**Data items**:

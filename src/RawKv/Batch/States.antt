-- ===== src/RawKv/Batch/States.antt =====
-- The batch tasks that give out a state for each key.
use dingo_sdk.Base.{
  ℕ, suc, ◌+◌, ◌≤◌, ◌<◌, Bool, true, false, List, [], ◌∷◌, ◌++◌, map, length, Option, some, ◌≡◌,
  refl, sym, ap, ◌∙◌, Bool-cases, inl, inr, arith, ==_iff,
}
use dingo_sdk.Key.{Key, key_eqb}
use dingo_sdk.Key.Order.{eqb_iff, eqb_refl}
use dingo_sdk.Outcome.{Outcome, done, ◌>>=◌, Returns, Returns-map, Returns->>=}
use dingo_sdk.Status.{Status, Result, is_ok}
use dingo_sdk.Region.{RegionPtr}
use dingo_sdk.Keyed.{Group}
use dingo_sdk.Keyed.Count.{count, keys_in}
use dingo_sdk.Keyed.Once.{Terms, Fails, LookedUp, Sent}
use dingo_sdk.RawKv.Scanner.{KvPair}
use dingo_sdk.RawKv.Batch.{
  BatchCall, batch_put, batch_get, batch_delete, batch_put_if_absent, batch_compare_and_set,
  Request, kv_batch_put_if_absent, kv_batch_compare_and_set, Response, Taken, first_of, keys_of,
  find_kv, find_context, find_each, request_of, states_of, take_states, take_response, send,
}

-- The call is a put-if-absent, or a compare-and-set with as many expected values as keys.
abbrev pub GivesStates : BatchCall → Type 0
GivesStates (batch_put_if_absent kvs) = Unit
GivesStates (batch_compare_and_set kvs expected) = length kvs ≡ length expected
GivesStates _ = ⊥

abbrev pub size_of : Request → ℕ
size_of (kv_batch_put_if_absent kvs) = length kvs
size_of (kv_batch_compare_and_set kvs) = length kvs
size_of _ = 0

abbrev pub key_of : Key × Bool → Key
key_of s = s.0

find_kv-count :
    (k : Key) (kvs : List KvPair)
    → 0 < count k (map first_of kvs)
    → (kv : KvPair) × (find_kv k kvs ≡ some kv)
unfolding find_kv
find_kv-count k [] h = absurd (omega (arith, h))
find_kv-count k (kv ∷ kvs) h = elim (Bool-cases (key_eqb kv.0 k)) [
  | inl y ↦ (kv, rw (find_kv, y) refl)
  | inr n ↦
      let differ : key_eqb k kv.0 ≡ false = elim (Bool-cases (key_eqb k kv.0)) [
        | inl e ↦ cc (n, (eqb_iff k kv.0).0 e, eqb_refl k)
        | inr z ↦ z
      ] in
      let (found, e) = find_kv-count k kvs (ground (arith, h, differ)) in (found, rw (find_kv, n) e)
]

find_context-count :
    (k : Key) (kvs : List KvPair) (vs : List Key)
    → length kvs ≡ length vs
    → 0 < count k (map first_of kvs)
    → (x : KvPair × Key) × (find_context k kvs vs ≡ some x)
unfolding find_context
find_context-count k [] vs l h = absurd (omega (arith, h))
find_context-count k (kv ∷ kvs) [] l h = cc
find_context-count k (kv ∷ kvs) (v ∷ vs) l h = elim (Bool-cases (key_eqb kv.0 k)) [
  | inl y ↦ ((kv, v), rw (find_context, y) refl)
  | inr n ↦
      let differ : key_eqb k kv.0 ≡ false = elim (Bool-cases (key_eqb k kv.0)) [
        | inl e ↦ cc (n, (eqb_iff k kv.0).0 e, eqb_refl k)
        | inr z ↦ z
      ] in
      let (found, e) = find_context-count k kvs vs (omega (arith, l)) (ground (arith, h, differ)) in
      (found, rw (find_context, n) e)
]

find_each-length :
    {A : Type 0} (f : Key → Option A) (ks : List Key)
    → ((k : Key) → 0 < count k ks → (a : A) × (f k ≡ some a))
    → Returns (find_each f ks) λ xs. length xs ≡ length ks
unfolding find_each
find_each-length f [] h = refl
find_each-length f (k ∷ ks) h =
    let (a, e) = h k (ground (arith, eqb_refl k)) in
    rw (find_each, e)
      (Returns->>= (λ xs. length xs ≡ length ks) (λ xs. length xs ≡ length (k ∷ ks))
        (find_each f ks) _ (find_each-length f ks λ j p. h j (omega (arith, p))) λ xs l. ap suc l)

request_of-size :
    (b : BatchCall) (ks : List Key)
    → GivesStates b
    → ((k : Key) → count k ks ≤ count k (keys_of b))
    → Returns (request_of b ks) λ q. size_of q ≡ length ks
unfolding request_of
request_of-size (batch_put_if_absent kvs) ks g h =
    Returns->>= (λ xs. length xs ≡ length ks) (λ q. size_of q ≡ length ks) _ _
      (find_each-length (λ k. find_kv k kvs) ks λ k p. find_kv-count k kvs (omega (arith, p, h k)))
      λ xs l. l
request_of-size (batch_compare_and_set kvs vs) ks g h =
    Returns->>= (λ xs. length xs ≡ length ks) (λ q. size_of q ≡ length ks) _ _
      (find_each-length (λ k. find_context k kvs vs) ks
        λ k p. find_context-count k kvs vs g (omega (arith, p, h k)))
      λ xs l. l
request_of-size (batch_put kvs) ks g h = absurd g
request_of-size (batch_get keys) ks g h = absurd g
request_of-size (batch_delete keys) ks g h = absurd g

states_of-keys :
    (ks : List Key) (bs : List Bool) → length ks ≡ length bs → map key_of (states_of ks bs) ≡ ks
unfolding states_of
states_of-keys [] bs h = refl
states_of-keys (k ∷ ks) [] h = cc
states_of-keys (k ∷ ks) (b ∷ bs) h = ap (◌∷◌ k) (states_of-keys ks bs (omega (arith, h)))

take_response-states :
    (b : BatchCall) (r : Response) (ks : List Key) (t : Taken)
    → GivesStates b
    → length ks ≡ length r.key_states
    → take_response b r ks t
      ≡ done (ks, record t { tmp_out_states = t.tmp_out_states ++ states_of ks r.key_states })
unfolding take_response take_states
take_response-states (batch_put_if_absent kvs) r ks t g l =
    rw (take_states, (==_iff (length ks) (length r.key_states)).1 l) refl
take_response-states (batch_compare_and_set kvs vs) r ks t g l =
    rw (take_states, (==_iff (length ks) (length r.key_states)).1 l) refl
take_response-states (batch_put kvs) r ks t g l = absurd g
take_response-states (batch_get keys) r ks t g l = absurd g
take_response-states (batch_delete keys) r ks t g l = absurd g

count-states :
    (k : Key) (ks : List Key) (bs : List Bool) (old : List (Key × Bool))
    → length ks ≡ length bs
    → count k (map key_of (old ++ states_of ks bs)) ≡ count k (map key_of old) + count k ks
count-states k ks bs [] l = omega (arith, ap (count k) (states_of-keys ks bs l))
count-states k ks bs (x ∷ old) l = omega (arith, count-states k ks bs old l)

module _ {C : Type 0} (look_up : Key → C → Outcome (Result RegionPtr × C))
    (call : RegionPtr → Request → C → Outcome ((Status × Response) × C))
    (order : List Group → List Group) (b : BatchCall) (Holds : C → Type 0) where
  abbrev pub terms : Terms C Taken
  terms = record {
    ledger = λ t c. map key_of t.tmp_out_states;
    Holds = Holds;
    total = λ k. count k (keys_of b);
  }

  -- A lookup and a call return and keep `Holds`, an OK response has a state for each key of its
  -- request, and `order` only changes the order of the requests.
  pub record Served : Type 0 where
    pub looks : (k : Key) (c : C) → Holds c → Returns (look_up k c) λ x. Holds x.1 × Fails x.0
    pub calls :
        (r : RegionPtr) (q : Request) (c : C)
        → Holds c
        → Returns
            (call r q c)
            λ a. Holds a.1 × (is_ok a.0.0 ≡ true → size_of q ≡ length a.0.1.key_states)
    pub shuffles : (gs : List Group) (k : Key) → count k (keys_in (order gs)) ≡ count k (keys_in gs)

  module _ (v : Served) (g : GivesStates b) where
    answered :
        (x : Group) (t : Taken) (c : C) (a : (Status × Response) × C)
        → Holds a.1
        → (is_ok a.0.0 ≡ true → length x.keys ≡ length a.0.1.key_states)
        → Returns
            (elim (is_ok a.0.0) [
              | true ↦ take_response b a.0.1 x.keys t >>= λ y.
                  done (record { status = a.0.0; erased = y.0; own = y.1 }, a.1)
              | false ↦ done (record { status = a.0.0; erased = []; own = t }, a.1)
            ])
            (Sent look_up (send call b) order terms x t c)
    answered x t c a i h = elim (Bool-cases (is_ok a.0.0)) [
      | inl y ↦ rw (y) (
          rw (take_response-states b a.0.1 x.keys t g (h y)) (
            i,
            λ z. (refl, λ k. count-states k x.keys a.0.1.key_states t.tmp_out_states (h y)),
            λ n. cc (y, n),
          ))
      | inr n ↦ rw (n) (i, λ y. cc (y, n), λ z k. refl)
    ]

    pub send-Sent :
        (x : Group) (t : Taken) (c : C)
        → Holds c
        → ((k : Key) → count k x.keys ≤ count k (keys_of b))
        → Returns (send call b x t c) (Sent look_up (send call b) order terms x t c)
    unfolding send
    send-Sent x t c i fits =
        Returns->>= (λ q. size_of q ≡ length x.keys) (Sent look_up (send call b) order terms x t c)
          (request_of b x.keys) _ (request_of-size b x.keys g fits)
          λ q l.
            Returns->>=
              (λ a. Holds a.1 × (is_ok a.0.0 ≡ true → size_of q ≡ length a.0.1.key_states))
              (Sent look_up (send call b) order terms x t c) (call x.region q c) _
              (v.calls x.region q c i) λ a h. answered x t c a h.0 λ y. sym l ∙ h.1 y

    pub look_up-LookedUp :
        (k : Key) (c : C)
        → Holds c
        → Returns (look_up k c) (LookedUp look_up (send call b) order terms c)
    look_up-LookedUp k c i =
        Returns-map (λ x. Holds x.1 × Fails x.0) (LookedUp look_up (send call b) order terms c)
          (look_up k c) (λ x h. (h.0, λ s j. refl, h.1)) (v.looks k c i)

**WORK TO BE COMPLETED**: Above this instruction are the records; retype exactly the lines from the one containing "take_response-states (batch_put_if_absent kvs)" up to and including the one containing "(order : List".

**FINAL ANSWER**:
take_response-states (batch_put_if_absent kvs) r ks t g l =
    rw (take_states, (==_iff (length ks) (length r.key_states)).1 l) refl
take_response-states (batch_compare_and_set kvs vs) r ks t g l =
    rw (take_states, (==_iff (length ks) (length r.key_states)).1 l) refl
take_response-states (batch_put kvs) r ks t g l = absurd g
take_response-states (batch_get keys) r ks t g l = absurd g
take_response-states (batch_delete keys) r ks t g l = absurd g

count-states :
    (k : Key) (ks : List Key) (bs : List Bool) (old : List (Key × Bool))
    → length ks ≡ length bs
    → count k (map key_of (old ++ states_of ks bs)) ≡ count k (map key_of old) + count k ks
count-states k ks bs [] l = omega (arith, ap (count k) (states_of-keys ks bs l))
count-states k ks bs (x ∷ old) l = omega (arith, count-states k ks bs old l)

module _ {C : Type 0} (look_up : Key → C → Outcome (Result RegionPtr × C))
    (call : RegionPtr → Request → C → Outcome ((Status × Response) × C))
    (order : List Group → List Group) (b : BatchCall) (Holds : C → Type 0) where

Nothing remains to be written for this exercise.